In my opinion, a machine with free will is therefore not a contradiction in terms, just a shorthand description of what we are. I have no problem imagining an artificial device capable of willfully deciding on its course of action. Even if our brain architecture were fully deterministic, as a computer simulation might be, it would still be legitimate to say that it exercises a form of free will. Whenever a neuronal architecture exhibits autonomy and deliberation, we are right in calling it “a free mind”—and once we reverse-engineer it, we will learn to mimic it in artificial machines.

In brief, neither qualia nor free will seems to pose a serious philosophical problem for the concept of a conscious machine. Reaching the end of our journey into consciousness and the brain, we realize how carefully we should treat our intuitions of what a complex neuronal machinery can achieve. The richness of information processing that an evolved network of sixteen billion cortical neurons provides lies beyond our current imagination. Our neuronal states ceaselessly fluctuate in a partially autonomous manner, creating an inner world of personal thoughts. Even when confronted with identical sensory inputs, they react differently depending on our mood, goals, and memories. Our conscious neuronal codes also vary from brain to brain. Although we all share the same overall inventory of neurons coding for color, shape, or movement, their detailed organization results from a long developmental process that sculpts each of our brains differently, ceaselessly selecting and eliminating synapses to create our unique personalities.

The neuronal code that results from this crossing of genetic rules, past experiences, and chance encounters is unique to each moment and to each person. Its immense number of states creates a rich world of inner representations, linked to the environment but not imposed by it. Subjective feelings of pain, beauty, lust, or regret correspond to stable neuronal attractors in this dynamic landscape. They are inherently subjective, because the dynamics of the brain embed its present inputs into a tapestry of past memories and future goals, thus adding a layer of personal experience to raw sensory inputs.

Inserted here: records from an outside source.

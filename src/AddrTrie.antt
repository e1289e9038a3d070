-- ===== src/AddrTrie.antt =====
-- internal/addrtrie: address tries (BitTrie, Ip) and the domain matcher (Domain).
pub mod BitTrie
pub mod Ip
pub mod Domain
mod Tests
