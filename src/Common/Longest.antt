-- ===== src/Common/Longest.antt =====
-- The first value that is there, and the value of the longest prefix that has one.
use Prim.Native.Nat.{ℕ, zero, suc}
use mathlib.Core.Path.{◌≡◌, refl}
use mathlib.Core.Logic.{◌≢◌}
use mathlib.Core.Bool.{Bool, true, false}
use mathlib.Core.List.{List}
use mathlib.Core.Option.{Option, none, some}
use enimul.Common.Tests.{if◌then◌else◌}
use enimul.Common.Lists.{take}

module _ {ℓ} {T : Type ℓ} where
  -- `if exists { matched = value }`: the first of two values, where it is there.
  abbrev pub note : Option T → Option T → Option T
  note none m = m
  note (some v) m = some v

  pub note_assoc : (a b c : Option T) → note (note a b) c ≡ note a (note b c)
  note_assoc none b c = refl
  note_assoc (some v) b c = refl

  pub note-none : (a : Option T) → note a none ≡ a
  note-none none = refl
  note-none (some v) = refl

  pub note_twice : (a m : Option T) → note a (note a m) ≡ note a m
  note_twice none m = refl
  note_twice (some v) m = refl

  pub note-ne-none : (a : Option T) (v : T) → note a (some v) ≢ none
  note-ne-none none v e = cc
  note-ne-none (some w) v e = cc

  -- A write under a condition, in front of an older value.
  pub note_written :
      (o : Option T) (b : Bool) (v : T) (x : Option T)
      → note o (if b then some v else x) ≡ note (note o (if b then some v else none)) x
  note_written none true v x = refl
  note_written none false v x = refl
  note_written (some w) b v x = refl

  -- The values at the prefixes of `q` with at most `k` items, the longest first.
  unfoldable pub best {κ} : {A : Type κ} → (List A → Option T) → List A → ℕ → Option T
  best f q zero = f List.[]
  best f q (suc k) = note (f (take (suc k) q)) (best f q k)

What emerges is a “remembered present,”76 a personalized cipher of the here and now, thickened with lingering memories and anticipated forecasts, and constantly projecting a first-person perspective on its environment: a conscious inner world.

This exquisite biological machinery is clicking right now inside your brain. As you close this book to ponder your own existence, ignited assemblies of neurons literally make up your mind.